I inhaled deeply. The first thing I felt was warmth spreading in tendrils from my chest out to my limbs. It was a similar sensation to the one I had when Bill walked through me, yet at the same time it felt different, it made me feel alive. I, too, moaned as sensation after sensation flooded my nervous system; every pleasure point titillated and teased to ecstasy. The creature flung me away much too soon.
Once it had finished breathing her in, it turned to me with a satisfied smile. There were no flames to accompany its sigh of relief, nor did its eyes glow the way they had; they looked more glazed as if the creature were high.
Sharp, yellowed claws held my jaw in a vice like grip. "Exhale," it demanded.
As I did as it instructed, it placed its mouth over mine and took the warmth from me in a kiss. A kiss of death.
"Our deal," it said, "is cemented. You may give one essence to your daughter a week, but only after you give me three. Her illness will not return as long as you feed her life from your breath."
With my agreement to its terms, my choice of target was no longer limited to people the creature wanted, I was allowed to choose mine for myself; for my daughter. I didn't think about the names on the creature's list as people, more as a means to an end. No longer did I consider who they were or what impact their death would have on others around them. I took their lives and fed the demon their souls.
My choices were a different matter. I discovered early on in my new career that the souls of bad people - murders, rapists, child molesters - were tainted with darkness. A bitter aftertaste, laced with violence, as it entered my being. It appeared to affect Sophie's emotions too and she became irritable at the drop of a hat. The day the new kitten reappeared with a broken neck was the day I realized how badly tarnished her own soul had become. That was when my targets changed.

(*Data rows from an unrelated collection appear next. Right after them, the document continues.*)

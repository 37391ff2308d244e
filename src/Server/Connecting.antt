-- ===== src/Server/Connecting.antt =====
-- A connection that registers takes the slot of its client or device.
use suplalite.Common.{ℕ, ◌≡◌, refl, ap, ◌∙◌, true, some, inl, inr, Option-cases}
use suplalite.Python.Result.{ok}
use suplalite.Python.Bytes.{Bytes}
use suplalite.Python.Text.{Str}
use suplalite.Python.Dict.{Dict, lookup, put, lookup-put}
use suplalite.Server.Types.{ServerState, ClientState, DeviceState, ChannelState, eq_ℕ, eq_guid}
use suplalite.Server.State.{add_client, client_connected, change_client, reset_session}
use suplalite.Server.Devices.{device_connected}
use suplalite.Server.World.{client, device, Conn}
use suplalite.Server.Clients.{eq_ℕ-IsEquality, IsConsistent}
use suplalite.Server.Reachable.{IsClient, add_client-IsConsistent, client_connected-IsConsistent}
use suplalite.Server.Sessions.{add_client-lookup}
use suplalite.Server.Ownership.{Owns, superseded_old, Owns-taken, lookup-superseded_other}
use suplalite.Server.Handling.{renamed}
use suplalite.Server.Owned.{
  client_of, device_of, IsLinked, IsOwned, connected-IsLinked, other-IsConsistent,
}
use suplalite.Server.Slots.{
  IsFree-next_role, IsFree, Owns-beside, client-apart, device-apart, taken, client_slot-free,
  device_slot-free,
}

add_client-IsClient :
    (s : ServerState) (g : Bytes) → IsConsistent s → IsClient (add_client s g).1 (add_client s g).0
add_client-IsClient s g inv =
    let (c, e1, e2) =
      (add_client-IsConsistent s g inv).known g (add_client s g).0 (add_client-lookup s g) in
    (c, e1)

-- What a new client leaves alone
add_client-fields :
    (s : ServerState) (g : Bytes)
    → let s' = (add_client s g).1 in
      (s'.client_connections ≡ s.client_connections)
      × (s'.device_connections ≡ s.device_connections)
      × (IsLinked s.devices s.device_connections s.device_events
          → IsLinked s'.devices s'.device_connections s'.device_events)
unfolding add_client
add_client-fields s g = elim (Option-cases (lookup eq_guid s.client_guid_to_id g)) [
  | inl e ↦ rw (e, add_client) (refl, refl, λ linked. linked)
  | inr (i, e) ↦ rw (e, add_client) (refl, refl, λ linked. linked)
]

pub client_connected-there :
    (s : ServerState) (i q k : ℕ) (c : ClientState)
    → lookup eq_ℕ s.clients i ≡ some c
    → client_connected s i q k ≡ (
      ok (lookup eq_ℕ s.client_connections i),
      record s {
        client_connections = put eq_ℕ s.client_connections i k;
        client_events = put eq_ℕ s.client_events i q;
        clients = put eq_ℕ s.clients i (reset_session (record c { online = true }));
      },
    )
unfolding client_connected
client_connected-there s i q k c there = rw (there, client_connected, change_client) refl

module _ (s : ServerState) (clients : IsConsistent s) (k : ℕ) where
  -- What is returned is the connection that had the slot.
  pub client_takes-connected :
      (g : Bytes)
      → let i = (add_client s g).0 in
        client_connected (add_client s g).1 i k k
        ≡ (ok (lookup eq_ℕ s.client_connections i), (client_connected (add_client s g).1 i k k).1)
  client_takes-connected g =
      let i = (add_client s g).0 in
      let s' = (add_client s g).1 in
      let (d, e) = add_client-IsClient s g clients in
      let (same, _, _) = add_client-fields s g in
      rw (client_connected-there s' i k k d e, same) refl

  -- The client is online then, with this connection.
  pub client_takes-online :
      (g : Bytes)
      → let i = (add_client s g).0 in
        let s' = (client_connected (add_client s g).1 i k k).1 in
        (lookup eq_ℕ s'.client_connections i ≡ some k)
        × (d : ClientState) × (lookup eq_ℕ s'.clients i ≡ some d)
        × (d.online ≡ true)
  client_takes-online g =
      let i = (add_client s g).0 in
      let s' = (add_client s g).1 in
      let (d, e) = add_client-IsClient s g clients in
      let d' = reset_session (record d { online = true }) in
      rw (client_connected-there s' i k k d e) (
        lookup-put eq_ℕ eq_ℕ-IsEquality s'.client_connections i k,
        d',
        lookup-put eq_ℕ eq_ℕ-IsEquality s'.clients i d',
        refl,
      )

module _ (s : ServerState) (conns : Dict ℕ Conn) (owned : IsOwned s conns) (k : ℕ) (c : Conn)
    (free : IsFree conns k c) where
  pub client_takes-IsOwned :
      (g : Bytes) (name' : Str)
      → let i = (add_client s g).0 in
        IsOwned
          (client_connected (add_client s g).1 i k k).1
          (taken s conns owned k c free (lookup eq_ℕ s.client_connections i) name' (client g i))
  client_takes-IsOwned g name' =
      let i = (add_client s g).0 in
      let s' = (add_client s g).1 in
      let old = lookup eq_ℕ s.client_connections i in
      let c' = renamed c name' (client g i) in
      let (d, e) = add_client-IsClient s g owned.clients in
      let (same, same', links) = add_client-fields s g in
      let after' = client_connected-there s' i k k d e in
      let clients =
        client_connected-IsConsistent s' i k k (add_client-IsConsistent s g owned.clients) (d, e) in
      let there =
        lookup-superseded_other conns old k (client_slot-free s conns owned k c free i)
        ∙ free.there in
      let mine : Owns client_of (put eq_ℕ (superseded_old conns old) k c')
          (put eq_ℕ s.client_connections i k) =
        Owns-taken client_of conns s.client_connections owned.client_slots k i c c' free.there
          (ap client_of (IsFree-next_role conns k c free)) free.live refl in
      let others : Owns device_of (put eq_ℕ (superseded_old conns old) k c') s.device_connections =
        Owns-beside client_of device_of client-apart refl conns s.client_connections
          s.device_connections owned.client_slots owned.device_slots k i c c' there
          (IsFree-next_role conns k c free) refl in
      record {
        clients = clients;
        devices = rw after' (links owned.devices);
        client_slots = rw (after', same) mine;
        device_slots = rw (after', same') others;
      }

  pub device_takes-IsOwned :
      (i v : ℕ) (d : DeviceState) (g : Bytes) (name' : Str) (channels : Dict ℕ ChannelState)
      → lookup eq_ℕ s.devices i ≡ some d
      → IsOwned
          (record ((device_connected s i v k k).1) { channels = channels })
          (taken s conns owned k c free (lookup eq_ℕ s.device_connections i) name' (device g i))
  unfolding device_connected
  device_takes-IsOwned i v d g name' channels e =
      let old = lookup eq_ℕ s.device_connections i in
      let c' = renamed c name' (device g i) in
      let there =
        lookup-superseded_other conns old k (device_slot-free s conns owned k c free i)
        ∙ free.there in
      let linked =
        connected-IsLinked s.devices s.device_connections s.device_events owned.devices i
          (record d { online = true; proto_version = v }) k k refl in
      let mine : Owns device_of (put eq_ℕ (superseded_old conns old) k c')
          (put eq_ℕ s.device_connections i k) =
        Owns-taken device_of conns s.device_connections owned.device_slots k i c c' free.there
          (ap device_of (IsFree-next_role conns k c free)) free.live refl in
      let others : Owns client_of (put eq_ℕ (superseded_old conns old) k c') s.client_connections =
        Owns-beside device_of client_of device-apart refl conns s.device_connections
          s.client_connections owned.device_slots owned.client_slots k i c c' there
          (IsFree-next_role conns k c free) refl in
      record {
        clients = rw (e, device_connected) (other-IsConsistent s _ channels _ _ owned.clients);
        devices = rw (e, device_connected) linked;
        client_slots = rw (e, device_connected) others;
        device_slots = rw (e, device_connected) mine;
      }

  -- The connection that had the slot is returned, and this one is still there when it is superseded.
  pub client_takes-old :
      (g : Bytes)
      → let i = (add_client s g).0 in
        let old = lookup eq_ℕ s.client_connections i in
        (client_connected (add_client s g).1 i k k
          ≡ (ok old, (client_connected (add_client s g).1 i k k).1))
        × (lookup eq_ℕ (superseded_old conns old) k ≡ some c)
  client_takes-old g =
      let i = (add_client s g).0 in
      (
        client_takes-connected s owned.clients k g,
        lookup-superseded_other conns (lookup eq_ℕ s.client_connections i) k
              (client_slot-free s conns owned k c free i)
            ∙ free.there,
      )

  pub device_takes-old :
      (i v : ℕ) (d : DeviceState)
      → lookup eq_ℕ s.devices i ≡ some d
      → let old = lookup eq_ℕ s.device_connections i in
        (device_connected s i v k k ≡ (ok old, (device_connected s i v k k).1))
        × (lookup eq_ℕ (superseded_old conns old) k ≡ some c)
  unfolding device_connected
  device_takes-old i v d e =
      let old = lookup eq_ℕ s.device_connections i in
      (
        rw (e, device_connected) refl,
        lookup-superseded_other conns old k (device_slot-free s conns owned k c free i)
            ∙ free.there,
      )
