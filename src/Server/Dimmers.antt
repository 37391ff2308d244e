-- ===== src/Server/Dimmers.antt =====
-- What `set_channel_value` keeps as the last value of a channel.
use suplalite.Common.{
  ℕ, ◌+◌, ◌*◌, ◌≡◌, ◌≢◌, ap, ◌∙◌, Bool, true, false, ◌||◌, some, [], ◌∷◌, inl, inr, arith, ltb,
  ◌==◌, if◌then◌else◌, Option-cases, not,
}
use suplalite.Common.Int.{pos, leb_ℤ, ◌+ℤ◌}
use suplalite.Python.Result.{ok}
use suplalite.Python.Bytes.{Bytes}
use suplalite.Python.Word.{buffer, of_le, of_word}
use suplalite.Python.Dict.{lookup, put, lookup-put, lookup-put_other, or_key_error}
use suplalite.Server.Types.{ServerState, ChannelState, eq_ℕ}
use suplalite.Server.LastValue.{
  dimmer, rgb_led_controller, dimmer_and_rgb_led, should_set_last, set_channel_value, dimmer_is_lit,
  color_is_lit, either_is_lit,
}
use suplalite.Encoding.Decode.{decode_number}
use suplalite.Server.Devices.{get_channel}
use suplalite.Server.Clients.{eq_ℕ-IsEquality}
use suplalite.Server.Sessions.{key_error≢ok, ok_injective}

-- What `_should_set_last` says, on the bytes: brightness is the first, color brightness the second.
abbrev pub lit : ℕ → (brightness color_brightness : ℕ) → Bool
lit channel_type b c =
    if channel_type == dimmer
    then ltb 0 b
    else if channel_type == rgb_led_controller
    then ltb 0 c
    else if channel_type == dimmer_and_rgb_led
    then (ltb 0 b || ltb 0 c)
    else false

pub same_number : (n : ℕ) → n + 256 * 0 ≡ n
same_number n = omega arith

positive : (n : ℕ) → not (leb_ℤ (pos n) (pos 0)) ≡ ltb 0 n
positive n = ground arith

dimmer_is_lit_lem :
    (b c d e f g h i : ℕ) → dimmer_is_lit (b ∷ c ∷ d ∷ e ∷ f ∷ g ∷ h ∷ i ∷ []) ≡ ok (ltb 0 b)
unfolding dimmer_is_lit decode_number buffer of_le of_word ◌+ℤ◌
dimmer_is_lit_lem b c d e f g h i = rw (same_number b, positive b)

color_is_lit_lem :
    (b c d e f g h i : ℕ) → color_is_lit (b ∷ c ∷ d ∷ e ∷ f ∷ g ∷ h ∷ i ∷ []) ≡ ok (ltb 0 c)
unfolding color_is_lit decode_number buffer of_le of_word ◌+ℤ◌
color_is_lit_lem b c d e f g h i = rw (same_number c, positive c)

either_is_lit_lem :
    (b c d e f g h i : ℕ)
    → either_is_lit (b ∷ c ∷ d ∷ e ∷ f ∷ g ∷ h ∷ i ∷ []) ≡ ok (ltb 0 b || ltb 0 c)
unfolding either_is_lit decode_number buffer of_le of_word ◌+ℤ◌
either_is_lit_lem b c d e f g h i = rw (same_number b, same_number c, positive b, positive c)

pub should_set_last-lit :
    (channel_type b c d e f g h i : ℕ)
    → should_set_last channel_type (b ∷ c ∷ d ∷ e ∷ f ∷ g ∷ h ∷ i ∷ []) ≡ ok (lit channel_type b c)
unfolding should_set_last
should_set_last-lit t b c d e f g h i =
    rw
      (
        dimmer_is_lit_lem b c d e f g h i,
        color_is_lit_lem b c d e f g h i,
        either_is_lit_lem b c d e f g h i,
        should_set_last,
      )
      (ground arith)

pub get_channel-lookup :
    (s : ServerState) (i : ℕ) (c : ChannelState)
    → get_channel s i ≡ ok c
    → lookup eq_ℕ s.channels i ≡ some c
unfolding get_channel
get_channel-lookup s i c e = elim (Option-cases (lookup eq_ℕ s.channels i)) [
  | inl e' ↦ absurd (key_error≢ok (rw e' at e))
  | inr (d, e') ↦ e' ∙ ap some (ok_injective (rw e' at e))
]

-- The state of a channel behind `set_channel_value`.
abbrev pub updated : ChannelState → Bytes → Bool → ChannelState
updated c value' false = record c { value = value' }
updated c value' true = record c { value = value'; last_value = some value' }

module _ (s : ServerState) (number : ℕ) (k : ChannelState)
    (there : lookup eq_ℕ s.channels number ≡ some k) where
  set_channel_value-updated :
      (value' : Bytes) (keep : Bool)
      → should_set_last k.type value' ≡ ok keep
      → set_channel_value s number value'
        ≡ (ok tt, record s { channels = put eq_ℕ s.channels number (updated k value' keep) })
  unfolding set_channel_value
  set_channel_value-updated value' true e = rw (there, e, set_channel_value)
  set_channel_value-updated value' false e = rw (there, e, set_channel_value)

-- `set_channel_value` with eight bytes sets the value of the channel, keeps it as the last value if it
-- lights the channel's dimmer and leaves the last value as it was if not, and changes no other
-- channel.
pub get_channel-set_channel_value :
    (s : ServerState) (number other : ℕ) (k : ChannelState) (b c d e f g h i : ℕ)
    → get_channel s number ≡ ok k
    → number ≢ other
    → ((set_channel_value s number (b ∷ c ∷ d ∷ e ∷ f ∷ g ∷ h ∷ i ∷ [])).0 ≡ ok tt)
      × (get_channel (set_channel_value s number (b ∷ c ∷ d ∷ e ∷ f ∷ g ∷ h ∷ i ∷ [])).1 number
          ≡ ok (updated k (b ∷ c ∷ d ∷ e ∷ f ∷ g ∷ h ∷ i ∷ []) (lit k.type b c)))
      × (get_channel (set_channel_value s number (b ∷ c ∷ d ∷ e ∷ f ∷ g ∷ h ∷ i ∷ [])).1 other
          ≡ get_channel s other)
unfolding get_channel
get_channel-set_channel_value s number other k b c d e f g h i found apart =
    let value' : Bytes = b ∷ c ∷ d ∷ e ∷ f ∷ g ∷ h ∷ i ∷ [] in
    let there = get_channel-lookup s number k found in
    let done =
      set_channel_value-updated s number k there value' (lit k.type b c)
        (should_set_last-lit k.type b c d e f g h i) in
    (
      ap (λ x. x.0) done,
      ap (λ x. get_channel x.1 number) done
          ∙ ap or_key_error (
              lookup-put eq_ℕ eq_ℕ-IsEquality s.channels number
                (updated k value' (lit k.type b c))),
      ap (λ x. get_channel x.1 other) done
          ∙ ap or_key_error (
              lookup-put_other eq_ℕ eq_ℕ-IsEquality s.channels number
                (updated k value' (lit k.type b c)) other apart),
    )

Instead of the killer, I stole life from the victims. I sought out the evangelists and God-fearing people. In the dead of night, I'd stalk the streets and deprive the homeless of their warmth; drunken revellers would lose their footing and fall from high places; businessmen would suffer heart attacks; drug addicts would overdose; firemen would get trapped in burning buildings and soldiers would step on land mines.
I watch her sleep, my little love, her arm curled around our dog in an embrace I wish she could share with me. The veil between our realms will not permit it, nor will it allow her to see me. Perhaps that's a blessing for I am no longer the man she once called Dad. I am a killer of the innocent, a gatherer of souls and determined to give nothing but the best to my daughter.
Sometimes, we must do terrible things in the name of love.